> INFORMATION GIVEN:
=====

-- ===== src/Host.antt =====
-- `FrontierExecutionHost` of src/prompt_performance_engine/frontier_host.py: the attempts of a
-- campaign, each on its frozen slot and under the budget of a ledger.
pub mod Plan
pub mod Catalog
pub mod Schedule
pub mod Construct
pub mod ConstructLaws
pub mod Placed
pub mod Lookups
pub mod Attempt
pub mod Checking
pub mod Assess
pub mod Finish
pub mod Steps
pub mod Regions
pub mod Orderly
pub mod RegionLaws
pub mod RegionInvariant
pub mod Invariant
pub mod LedgerCalls
pub mod AssessLaws
pub mod BeginLaws
pub mod FinishLaws
pub mod Released
pub mod Output
pub mod Board
mod Tests
mod ConstructTests
mod RegionTests
pub mod Laws
pub mod Calls
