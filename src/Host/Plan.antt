-- ===== src/Host/Plan.antt =====
-- The frozen data of a `FrontierExecutionHost` and its state, as `__init__` leaves them, of
-- src/prompt_performance_engine/frontier_host.py. A dict is a list of records that have their key.
use prompt_performance_engin.Prelude.{
  ℕ, Bool, String, Option, none, some, List, [], ◌∷◌, str_eq, if◌then◌else◌,
}
use prompt_performance_engin.Prelude.Value.{Value, ℤ, obj, field, end}
use prompt_performance_engin.Budget.Amounts.{
  Amounts, calls, input_tokens, output_tokens, money_microunits, wall_clock_ms,
}
use prompt_performance_engin.Budget.Ledger.{Ledger, initial}

-- An entry of `_slots`.
pub record Slot : Type 0 where
  pub slot_id : String
  pub component_id : String
  pub unit_id : String
  pub case_id : String
  pub replicate_index : ℕ
  pub retry_index : ℕ
  pub model_id : String
  pub purpose : String
  pub route : String
  pub route_authority_id : String
  pub system_prompt_sha256 : String
  pub user_payload_sha256 : String
  pub seed : Option ℤ

-- An entry of `_component_maximums` and of `_component_capacities`.
pub record Component : Type 0 where
  pub component_id : String
  pub capacity : ℕ
  pub maximums : Amounts

-- An entry of `_model_bindings`.
pub record ModelBinding : Type 0 where
  pub model_id : String
  pub provider : String
  pub snapshot : String
  pub parameters_sha256 : String
  pub retry_policy_sha256 : String
  pub cache_policy_sha256 : String
  pub seeds_sha256 : String
  pub pricing_entry_sha256 : String
  pub price_snapshot_sha256 : String
  pub pricing_currency : String

-- The digests and names that every report repeats.
pub record Authority : Type 0 where
  pub campaign_sha256 : String
  pub preflight_sha256 : String
  pub evidence_expires_at : String
  pub execution_authority_receipt_sha256 : String
  pub system_id : String
  pub execution_plan_sha256 : String

-- What no method changes.
pub record Frozen : Type 0 where
  pub authority : Authority
  pub slots : List Slot
  pub components : List Component
  pub bindings : List ModelBinding

-- A record that `_build_report` makes; its fields from the slot, the binding of the model and the
-- host are in `slot`, `binding` and `authority`.
pub record Report : Type 0 where
  pub authority : Authority
  pub attempt_id : String
  pub slot : Slot
  pub binding : ModelBinding
  pub request_sha256 : String
  pub response_sha256 : Option String
  pub provider_status : String
  pub usage : Amounts
  pub receipt_sha256 : Option String
  pub usable : Bool
  pub failure_code : Option String

-- The fields that the methods change.
pub record HostState : Type 0 where
  pub ledger : Ledger
  pub used_slots : List String
  pub allocated : String → ℕ
  pub receipts : List String
  pub reports : List Report

-- What `__init__` leaves.
unfoldable pub fresh_host : Amounts → HostState
fresh_host ceilings = record {
  ledger = initial ceilings;
  used_slots = [];
  allocated = λ component_id. 0;
  receipts = [];
  reports = [];
}

-- `_slots.get(slot_id)`, `_component_maximums[component_id]` and `_model_bindings[model_id]`
unfoldable pub find_slot : String → List Slot → Option Slot
find_slot id [] = none
find_slot id (s ∷ ss) = if str_eq s.slot_id id then some s else find_slot id ss

unfoldable pub find_component : String → List Component → Option Component
find_component id [] = none
find_component id (c ∷ cs) = if str_eq c.component_id id then some c else find_component id cs

unfoldable pub find_binding : String → List ModelBinding → Option ModelBinding
find_binding id [] = none
find_binding id (b ∷ bs) = if str_eq b.model_id id then some b else find_binding id bs

-- A dict with the five axes as keys, as it is handed to the ledger.
unfoldable pub amounts_value : Amounts → Value
amounts_value a = obj (
    field "calls" (Value.int (ℤ.pos (a calls))) (
      field "input_tokens" (Value.int (ℤ.pos (a input_tokens))) (
        field "output_tokens" (Value.int (ℤ.pos (a output_tokens))) (
          field "money_microunits" (Value.int (ℤ.pos (a money_microunits)))
            (field "wall_clock_ms" (Value.int (ℤ.pos (a wall_clock_ms))) end)))))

=====

> EXERCISE DESCRIPTION: Print each entry above again, exactly as it was given.

> RESPONSE TO THE TASK:
-- ===== src/Host.antt =====
-- `FrontierExecutionHost` of src/prompt_performance_engine/frontier_host.py: the attempts of a
-- campaign, each on its frozen slot and under the budget of a ledger.
pub mod Plan
pub mod Catalog
pub mod Schedule
pub mod Construct
pub mod ConstructLaws
pub mod Placed
pub mod Lookups
pub mod Attempt
pub mod Checking
pub mod Assess
pub mod Finish
pub mod Steps
pub mod Regions
pub mod Orderly
pub mod RegionLaws
pub mod RegionInvariant
pub mod Invariant
pub mod LedgerCalls
pub mod AssessLaws
pub mod BeginLaws
pub mod FinishLaws
pub mod Released
pub mod Output
pub mod Board
mod Tests
mod ConstructTests
mod RegionTests
pub mod Laws
pub mod Calls
filename src/Host/Plan.antt
-- ===== src/Host/Plan.antt =====
-- The frozen data of a `FrontierExecutionHost` and its state, as `__init__` leaves them, of
-- src/prompt_performance_engine/frontier_host.py. A dict is a list of records that have their key.
use prompt_performance_engin.Prelude.{
  ℕ, Bool, String, Option, none, some, List, [], ◌∷◌, str_eq, if◌then◌else◌,
}
use prompt_performance_engin.Prelude.Value.{Value, ℤ, obj, field, end}
use prompt_performance_engin.Budget.Amounts.{
  Amounts, calls, input_tokens, output_tokens, money_microunits, wall_clock_ms,
}
use prompt_performance_engin.Budget.Ledger.{Ledger, initial}

-- An entry of `_slots`.
pub record Slot : Type 0 where
  pub slot_id : String
  pub component_id : String
  pub unit_id : String
  pub case_id : String
  pub replicate_index : ℕ
  pub retry_index : ℕ
  pub model_id : String
  pub purpose : String
  pub route : String
  pub route_authority_id : String
  pub system_prompt_sha256 : String
  pub user_payload_sha256 : String
  pub seed : Option ℤ

-- An entry of `_component_maximums` and of `_component_capacities`.
pub record Component : Type 0 where
  pub component_id : String
  pub capacity : ℕ
  pub maximums : Amounts

-- An entry of `_model_bindings`.
pub record ModelBinding : Type 0 where
  pub model_id : String
  pub provider : String
  pub snapshot : String
  pub parameters_sha256 : String
  pub retry_policy_sha256 : String
  pub cache_policy_sha256 : String
  pub seeds_sha256 : String
  pub pricing_entry_sha256 : String
  pub price_snapshot_sha256 : String
  pub pricing_currency : String

-- The digests and names that every report repeats.
pub record Authority : Type 0 where
  pub campaign_sha256 : String
  pub preflight_sha256 : String
  pub evidence_expires_at : String
  pub execution_authority_receipt_sha256 : String
  pub system_id : String
  pub execution_plan_sha256 : String

-- What no method changes.
pub record Frozen : Type 0 where
  pub authority : Authority
  pub slots : List Slot
  pub components : List Component
  pub bindings : List ModelBinding

-- A record that `_build_report` makes; its fields from the slot, the binding of the model and the
-- host are in `slot`, `binding` and `authority`.
pub record Report : Type 0 where
  pub authority : Authority
  pub attempt_id : String
  pub slot : Slot
  pub binding : ModelBinding
  pub request_sha256 : String
  pub response_sha256 : Option String
  pub provider_status : String
  pub usage : Amounts
  pub receipt_sha256 : Option String
  pub usable : Bool
  pub failure_code : Option String

-- The fields that the methods change.
pub record HostState : Type 0 where
  pub ledger : Ledger
  pub used_slots : List String
  pub allocated : String → ℕ
  pub receipts : List String
  pub reports : List Report

-- What `__init__` leaves.
unfoldable pub fresh_host : Amounts → HostState
fresh_host ceilings = record {
  ledger = initial ceilings;
  used_slots = [];
  allocated = λ component_id. 0;
  receipts = [];
  reports = [];
}

-- `_slots.get(slot_id)`, `_component_maximums[component_id]` and `_model_bindings[model_id]`
unfoldable pub find_slot : String → List Slot → Option Slot
find_slot id [] = none
find_slot id (s ∷ ss) = if str_eq s.slot_id id then some s else find_slot id ss

unfoldable pub find_component : String → List Component → Option Component
find_component id [] = none
find_component id (c ∷ cs) = if str_eq c.component_id id then some c else find_component id cs

unfoldable pub find_binding : String → List ModelBinding → Option ModelBinding
find_binding id [] = none
find_binding id (b ∷ bs) = if str_eq b.model_id id then some b else find_binding id bs

-- A dict with the five axes as keys, as it is handed to the ledger.
unfoldable pub amounts_value : Amounts → Value
amounts_value a = obj (
    field "calls" (Value.int (ℤ.pos (a calls))) (
      field "input_tokens" (Value.int (ℤ.pos (a input_tokens))) (
        field "output_tokens" (Value.int (ℤ.pos (a output_tokens))) (
          field "money_microunits" (Value.int (ℤ.pos (a money_microunits)))
            (field "wall_clock_ms" (Value.int (ℤ.pos (a wall_clock_ms))) end)))))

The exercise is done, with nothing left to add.